Nous, citoyennes et citoyens, voulons partager notre indignation face à l’éviction du président de la Commission indépendante sur l’inceste et les violences sexuelles faites aux enfants (Ciivise), Edouard Durand, et à son remplacement [par l’ex-rugbyman et responsable associatif Sébastien Boueilh et l’experte judiciaire Caroline Rey-Salmon] non justifié à ce jour par Charlotte Caubel, secrétaire d’Etat chargée de la famille et de la protection de l’enfance. Nous pensons que ce remerciement vient mettre à mal trois ans d’un travail inédit et dont la France peut être fière.

Dans sa lettre de mission adressée aux présidents de la Ciivise, Adrien Taquet, alors secrétaire d’Etat chargé de l’enfance et des familles, insistait sur « l’urgence d’agir », pour « qu’un changement de société soit possible ». A cet effet, sa première demande était « d’ouvrir un espace d’expression inédit », à travers « un recueil de témoignages de victimes » ainsi « qu’un accompagnement adapté à leur situation ». Le rapport final de la Ciivise ainsi que les rapports intermédiaires montrent à quel point cette demande fut prise au sérieux.

Grâce à cet appel à témoins (27 000) sans précédent, la Ciivise a non seulement permis de rendre visible un problème social majeur mais a également élaboré des moyens à mettre en œuvre face aux violences sexuelles faites aux enfants et au phénomène de déni qui les accompagne.

Notre inquiétude est que les quatre-vingt-deux préconisations issues de ces témoignages ne tombent dans l’oubli.

Au terme de ces trois années de travail, la Ciivise est non seulement devenue « un espace d’expression pour les victimes adultes ou enfants », mais également un endroit de confiance où la parole des victimes peut être entendue et considérée.
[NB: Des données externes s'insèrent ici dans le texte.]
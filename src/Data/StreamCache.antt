-- ===== src/Data/StreamCache.antt =====
-- The state of `StreamCache` in src/data/stream_cache.py. Symbols are any type with `==` and a ticker.
-- Times are whole microseconds. A cache key is taken as its three parts; what stands in it behind the
-- time stamp, and the hash for deduplication, are texts that each item brings along, since they are
-- made by formatting decimals and rounding floats; an item has no hash where making it raises, as it
-- does for a bar, whose prices are read under names that a bar does not have. A set is a list without repetitions, and iterates
-- in the order of that list. Watermarks are percentages, and products with them are exact.
pub mod Store
pub mod Flow
pub mod Victims
pub mod Bounds
pub mod Flowing
pub mod Pressure
pub mod Stored
pub mod Calls
pub mod Removals
use algo_engine.Prelude.{
  ℕ, ◌≡◌, ◌↔◌, Bool, true, false, ◌&&◌, Option, none, some, List, [], ◌∷◌, ◌++◌, String, arith,
  ◌==◌, if◌then◌else◌,
}
use algo_engine.Prelude.Eq.{Eq, ◌=?◌, string_eq, elem}
use algo_engine.Prelude.Dict.{Dict}

pub data CachePolicy : Type 0 where
  lru fifo ttl count : CachePolicy

pub record MarketData (S : Type 0) : Type 0 where
  pub symbol : S
  pub timestamp : ℕ
  pub detail : String
  pub dedup_hash : Option String

pub record Key : Type 0 where
  pub ticker : String
  pub time : ℕ
  pub detail : String

abbrev pub key_beq : Key → Key → Bool
key_beq a b = (a.time == b.time) && ((a.ticker =? b.ticker) && (a.detail =? b.detail))

pub key_beq_iff : (a b : Key) → (key_beq a b ≡ true) ↔ (a ≡ b)
key_beq_iff a b =
    ground (arith, string_eq.beq_iff a.ticker b.ticker, string_eq.beq_iff a.detail b.detail)

instance abbrev pub key_eq : Eq Key
key_eq = record { beq = key_beq; beq_iff = key_beq_iff }

pub record CacheEntry (S : Type 0) : Type 0 where
  pub item : MarketData S
  pub timestamp : ℕ
  pub access_count : ℕ
  pub last_access : ℕ
  pub access_seq : ℕ

pub record BackPressureConfig : Type 0 where
  pub max_queue_size : ℕ
  pub high_watermark : ℕ
  pub low_watermark : ℕ
  pub drops_oldest : Bool

pub record StreamCache (S : Type 0) : Type 0 where
  pub max_size : ℕ
  pub policy : CachePolicy
  -- `none` stands for `None` and for 0, which count alike
  pub ttl_seconds : Option ℕ
  pub enable_dedup : Bool
  pub backpressure : BackPressureConfig
  pub cache : Dict Key (CacheEntry S)
  pub symbol_indices : Dict S (List Key)
  pub seen_hashes : List String
  pub lru_seq_counter : ℕ
  pub async_queue : List (MarketData S)
  pub queue_size : ℕ
  pub dropped_count : ℕ
  pub throttling : Bool
  -- `not self._pause_event.is_set()`
  pub paused : Bool
  pub hits : ℕ
  pub misses : ℕ
  pub dedup_hits : ℕ
  pub inserts : ℕ
  pub running : Bool

-- `StreamCache.__init__`
unfoldable pub new_cache :
    {S : Type 0} → ℕ → CachePolicy → Option ℕ → Bool → BackPressureConfig → StreamCache S
new_cache max_size policy ttl_seconds enable_dedup backpressure = record {
  max_size = max_size;
  policy = policy;
  ttl_seconds = ttl_seconds;
  enable_dedup = enable_dedup;
  backpressure = backpressure;
  cache = [];
  symbol_indices = [];
  seen_hashes = [];
  lru_seq_counter = 0;
  async_queue = [];
  queue_size = 0;
  dropped_count = 0;
  throttling = false;
  paused = false;
  hits = 0;
  misses = 0;
  dedup_hits = 0;
  inserts = 0;
  running = false;
}
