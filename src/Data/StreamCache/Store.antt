-- ===== src/Data/StreamCache/Store.antt =====
-- Putting, getting, evicting and clearing in `StreamCache` (src/data/stream_cache.py). One call reads
-- the clock once; `ticker` gives the ticker of a symbol.
use algo_engine.Prelude.{
  ℕ, ◌+◌, ◌/◌, Bool, true, false, not, ◌&&◌, ◌||◌, Option, none, some, List, [], ◌∷◌, ◌++◌, String,
  if◌then◌else◌, ltb, leb, ◌==◌, length, drop,
}
use algo_engine.Prelude.Eq.{Eq, ◌=?◌, string_eq, elem}
use algo_engine.Prelude.Dict.{Dict, lookup, get_or, insert, erase, contains}
use algo_engine.Data.StreamCache.{
  CachePolicy, lru, fifo, ttl, count, MarketData, Key, key_eq, CacheEntry, StreamCache,
}

-- `deque(maxlen=10000)`
abbrev pub max_hashes : ℕ
max_hashes = 10000

unfoldable pub push_hash : String → List String → List String
push_hash h hs = if ltb (length hs) max_hashes then hs ++ (h ∷ []) else drop 1 hs ++ (h ∷ [])

abbrev pub discard : Key → List Key → List Key
discard k [] = []
discard k (j ∷ js) = let rest = discard k js in if j =? k then rest else j ∷ rest

abbrev pub set_add : Key → List Key → List Key
set_add k js = if elem k js then js else js ++ (k ∷ [])

module _ {S : Type 0} where
  -- `min(…, key=…)`: the first of the least, from a first candidate.
  unfoldable pub first_min :
      (CacheEntry S → CacheEntry S → Bool) → Key → CacheEntry S → Dict Key (CacheEntry S) → Key
  first_min lt k e [] = k
  first_min lt k e ((j, f) ∷ d) = if lt f e then first_min lt j f d else first_min lt k e d

  abbrev least_recent : CacheEntry S → CacheEntry S → Bool
  least_recent f e =
      ltb f.last_access e.last_access
      || ((f.last_access == e.last_access) && ltb f.access_seq e.access_seq)

  -- `(now - timestamp) > ttl`
  abbrev pub is_expired : ℕ → ℕ → CacheEntry S → Bool
  is_expired now limit e = ltb (e.timestamp + limit) now

  unfoldable pub first_expired : ℕ → Option ℕ → Dict Key (CacheEntry S) → Option Key
  first_expired now none d = none
  first_expired now (some limit) [] = none
  first_expired now (some limit) ((k, e) ∷ d) =
      let later = first_expired now (some limit) d in
      if is_expired now limit e then some k else later

  -- The key that `_evict_entry` chooses in a cache with a first entry.
  unfoldable pub victim :
      ℕ → Option ℕ → CachePolicy → Key → CacheEntry S → Dict Key (CacheEntry S) → Key
  unfolding first_min first_expired
  victim now limit lru k e d = first_min least_recent k e d
  victim now limit fifo k e d = first_min (λ f g. ltb f.timestamp g.timestamp) k e d
  victim now limit ttl k e d = elim (first_expired now limit ((k, e) ∷ d)) [
    | some j ↦ j
    | none ↦ first_min (λ f g. ltb f.last_access g.last_access) k e d
  ]
  victim now limit count k e d = k

module _ {S : Type 0} ⦃e : Eq S⦄ where
  -- `_symbol_indices[symbol].discard(key)`, and the entry goes when it is empty.
  unfoldable pub unindex : S → Key → Dict S (List Key) → Dict S (List Key)
  unindex s k idx = elim (discard k (get_or s [] idx)) [
    | [] ↦ erase s idx
    | j ∷ js ↦ insert s (j ∷ js) idx
  ]

  -- An entry is taken out, with its key in the index.
  unfoldable pub remove_entry : Key → StreamCache S → StreamCache S
  unfolding unindex
  remove_entry k c = elim (lookup k c.cache) [
    | none ↦ c
    | some x ↦ record c {
      cache = erase k c.cache;
      symbol_indices = unindex x.item.symbol k c.symbol_indices;
    }
  ]

  -- `_evict_entry`
  unfoldable pub evict_entry : ℕ → StreamCache S → StreamCache S
  unfolding victim remove_entry
  evict_entry now c = elim (c.cache) [
    | [] ↦ c
    | (k, x) ∷ d ↦ remove_entry (victim now c.ttl_seconds c.policy k x d) c
  ]

  -- `_should_evict`
  abbrev pub should_evict : StreamCache S → Bool
  should_evict c = leb c.max_size (length c.cache)

  -- The hash that `_is_duplicate` comes to, where it needs one; `none` is the exception of making it.
  abbrev pub hash_for : MarketData S → StreamCache S → Option String
  hash_for x c = if c.enable_dedup then x.dedup_hash else some ""

  -- `_is_duplicate` with the hash
  unfoldable pub is_duplicate : String → StreamCache S → Bool × StreamCache S
  unfolding push_hash
  is_duplicate g c =
      if not c.enable_dedup
      then (false, c)
      else if elem g c.seen_hashes
      then (true, c)
      else (false, record c { seen_hashes = push_hash g c.seen_hashes })

  module _ (ticker : S → String) where
    -- `_generate_key`
    abbrev pub generate_key : MarketData S → Key
    generate_key x = record { ticker = ticker x.symbol; time = x.timestamp; detail = x.detail }

    -- The storing of an item in `put`.
    unfoldable pub store : ℕ → MarketData S → StreamCache S → StreamCache S
    store now x c =
        let k = generate_key x in
        record c {
          cache =
              insert k
                (record {
                  item = x;
                  timestamp = now;
                  access_count = 0;
                  last_access = now;
                  access_seq = c.lru_seq_counter + 1;
                })
                c.cache;
          lru_seq_counter = c.lru_seq_counter + 1;
          symbol_indices =
              insert x.symbol (set_add k (get_or x.symbol [] c.symbol_indices)) c.symbol_indices;
          inserts = c.inserts + 1;
        }

    -- `put` of an item with its hash
    unfoldable pub put_hashed : ℕ → String → MarketData S → StreamCache S → Bool × StreamCache S
    unfolding is_duplicate evict_entry store
    put_hashed now g x c =
        let (seen, d) = is_duplicate g c in
        if seen
        then (false, record d { dedup_hits = d.dedup_hits + 1 })
        else (true, store now x (if should_evict d then evict_entry now d else d))

    -- `put`; `none` is the exception of making the hash, before which nothing is changed.
    unfoldable pub put : ℕ → MarketData S → StreamCache S → Option Bool × StreamCache S
    unfolding put_hashed
    put now x c = elim (hash_for x c) [
      | none ↦ (none, c)
      | some g ↦ let (done, d) = put_hashed now g x c in (some done, d)
    ]

  -- `touch`
  unfoldable pub touch : ℕ → Key → CacheEntry S → StreamCache S → StreamCache S
  touch now k x c = record c {
    cache =
        insert k
          (record x {
            access_count = x.access_count + 1;
            last_access = now;
            access_seq = c.lru_seq_counter + 1;
          })
          c.cache;
    lru_seq_counter = c.lru_seq_counter + 1;
  }

  abbrev pub fresh_enough : ℕ → Option ℕ → CacheEntry S → Bool
  fresh_enough now none x = true
  fresh_enough now (some limit) x = not (is_expired now limit x)

  abbrev pub recent_enough : Option ℕ → CacheEntry S → Bool
  recent_enough none x = true
  recent_enough (some since) x = leb since x.item.timestamp

  -- The loop of `get` over the keys of a symbol.
  unfoldable pub collect :
      ℕ → Option ℕ → List Key → StreamCache S → List (MarketData S) × StreamCache S
  unfolding touch
  collect now since [] c = ([], c)
  collect now since (k ∷ ks) c = elim (lookup k c.cache) [
    | none ↦ collect now since ks c
    | some x ↦ elim (fresh_enough now c.ttl_seconds x && recent_enough since x) [
      | true ↦
          let (found, d) = collect now since ks (record (touch now k x c) { hits = c.hits + 1 }) in
          (x.item ∷ found, d)
      | false ↦ collect now since ks c
    ]
  ]

  -- `results.sort(key=…)`, stable.
  abbrev pub insert_by_time : MarketData S → List (MarketData S) → List (MarketData S)
  insert_by_time x [] = x ∷ []
  insert_by_time x (y ∷ ys) =
      if leb x.timestamp y.timestamp then x ∷ y ∷ ys else y ∷ insert_by_time x ys

  abbrev pub sort_by_time : List (MarketData S) → List (MarketData S)
  sort_by_time [] = []
  sort_by_time (x ∷ xs) = insert_by_time x (sort_by_time xs)

  abbrev pub miss : StreamCache S → StreamCache S
  miss c = record c { misses = c.misses + 1 }

  -- The end of `get`.
  abbrev pub answer : List (MarketData S) × StreamCache S → List (MarketData S) × StreamCache S
  answer ([], c) = ([], miss c)
  answer (x ∷ xs, c) = (sort_by_time (x ∷ xs), c)

  unfoldable pub get : ℕ → S → Option ℕ → StreamCache S → List (MarketData S) × StreamCache S
  unfolding collect
  get now symbol since c = elim (lookup symbol c.symbol_indices) [
    | none ↦ ([], miss c)
    | some ks ↦ answer (collect now since ks c)
  ]

  -- The loop of `get_latest`, with the best so far.
  unfoldable pub latest :
      ℕ → List Key → Option (Key × CacheEntry S) → StreamCache S → Option (Key × CacheEntry S)
  latest now [] best c = best
  latest now (k ∷ ks) best c =
      latest now ks
        (elim (lookup k c.cache) [
          | none ↦ best
          | some x ↦
              if fresh_enough now c.ttl_seconds x
              then elim best [
                | none ↦ some (k, x)
                | some (j, y) ↦
                    if ltb y.item.timestamp x.item.timestamp then some (k, x) else some (j, y)
              ]
              else best
        ])
        c

  -- The end of `get_latest`.
  abbrev pub answer_latest :
      ℕ → Option (Key × CacheEntry S) → StreamCache S → Option (MarketData S) × StreamCache S
  answer_latest now none c = (none, miss c)
  answer_latest now (some (k, x)) c = (some x.item, record (touch now k x c) { hits = c.hits + 1 })

  unfoldable pub get_latest : ℕ → S → StreamCache S → Option (MarketData S) × StreamCache S
  unfolding latest touch
  get_latest now symbol c = elim (lookup symbol c.symbol_indices) [
    | none ↦ (none, miss c)
    | some ks ↦ answer_latest now (latest now ks none c) c
  ]

  unfoldable pub clear : StreamCache S → StreamCache S
  clear c = record c { cache = []; symbol_indices = []; seen_hashes = [] }

  unfoldable pub remove_keys : List Key → Dict Key (CacheEntry S) → ℕ × Dict Key (CacheEntry S)
  remove_keys [] d = (0, d)
  remove_keys (k ∷ ks) d =
      let (n, rest) = remove_keys ks (erase k d) in (if contains k d then n + 1 else n, rest)

  unfoldable pub clear_symbol : S → StreamCache S → ℕ × StreamCache S
  unfolding remove_keys
  clear_symbol symbol c = elim (lookup symbol c.symbol_indices) [
    | none ↦ (0, c)
    | some ks ↦
        let (n, d) = remove_keys ks c.cache in
        (n, record c { cache = d; symbol_indices = erase symbol c.symbol_indices })
  ]

  unfoldable pub expired_keys : ℕ → ℕ → Dict Key (CacheEntry S) → List Key
  expired_keys now limit [] = []
  expired_keys now limit ((k, x) ∷ d) =
      let rest = expired_keys now limit d in if is_expired now limit x then k ∷ rest else rest

  -- An expired entry goes; its symbol stays in the index, if need be with no keys.
  unfoldable pub drop_expired : List Key → StreamCache S → StreamCache S
  drop_expired [] c = c
  drop_expired (k ∷ ks) c = drop_expired ks (elim (lookup k c.cache) [
    | none ↦ c
    | some x ↦ record c {
      cache = erase k c.cache;
      symbol_indices =
          insert x.item.symbol (discard k (get_or x.item.symbol [] c.symbol_indices))
            c.symbol_indices;
    }
  ])

  -- `_cleanup_expired`
  unfoldable pub cleanup_expired : ℕ → StreamCache S → ℕ × StreamCache S
  unfolding expired_keys drop_expired
  cleanup_expired now c = elim (c.ttl_seconds) [
    | none ↦ (0, c)
    | some limit ↦ let ks = expired_keys now limit c.cache in (length ks, drop_expired ks c)
  ]

  -- A turn of `_cleanup_loop`, before its sleep.
  unfoldable pub cleanup_turn : ℕ → StreamCache S → StreamCache S
  unfolding cleanup_expired
  cleanup_turn now c =
      let d = (cleanup_expired now c).1 in
      if ltb 5000 (length d.seen_hashes)
      then record d { seen_hashes = drop (length d.seen_hashes / 2) d.seen_hashes }
      else d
Dans l’état actuel du système français de protection contre les violences intrafamiliales, pour de nombreuses victimes, la Ciivise est le dernier endroit où leur parole peut être prise en compte par une structure institutionnelle.

Doute qui plane sur la ligne téléphonique

Selon certains témoignages, ce moment d’écoute offert par la Ciivise est une étape importante, point de départ de leur reconstruction. A cet égard, la présence d’un représentant institutionnel et, en particulier, d’un magistrat à la direction de cette commission représente pour les victimes, et de manière symbolique, un vrai soutien. La devise « Je te crois, je te protège » choisie par les membres de la commission pluridisciplinaire prend en charge et accueille cette confiance.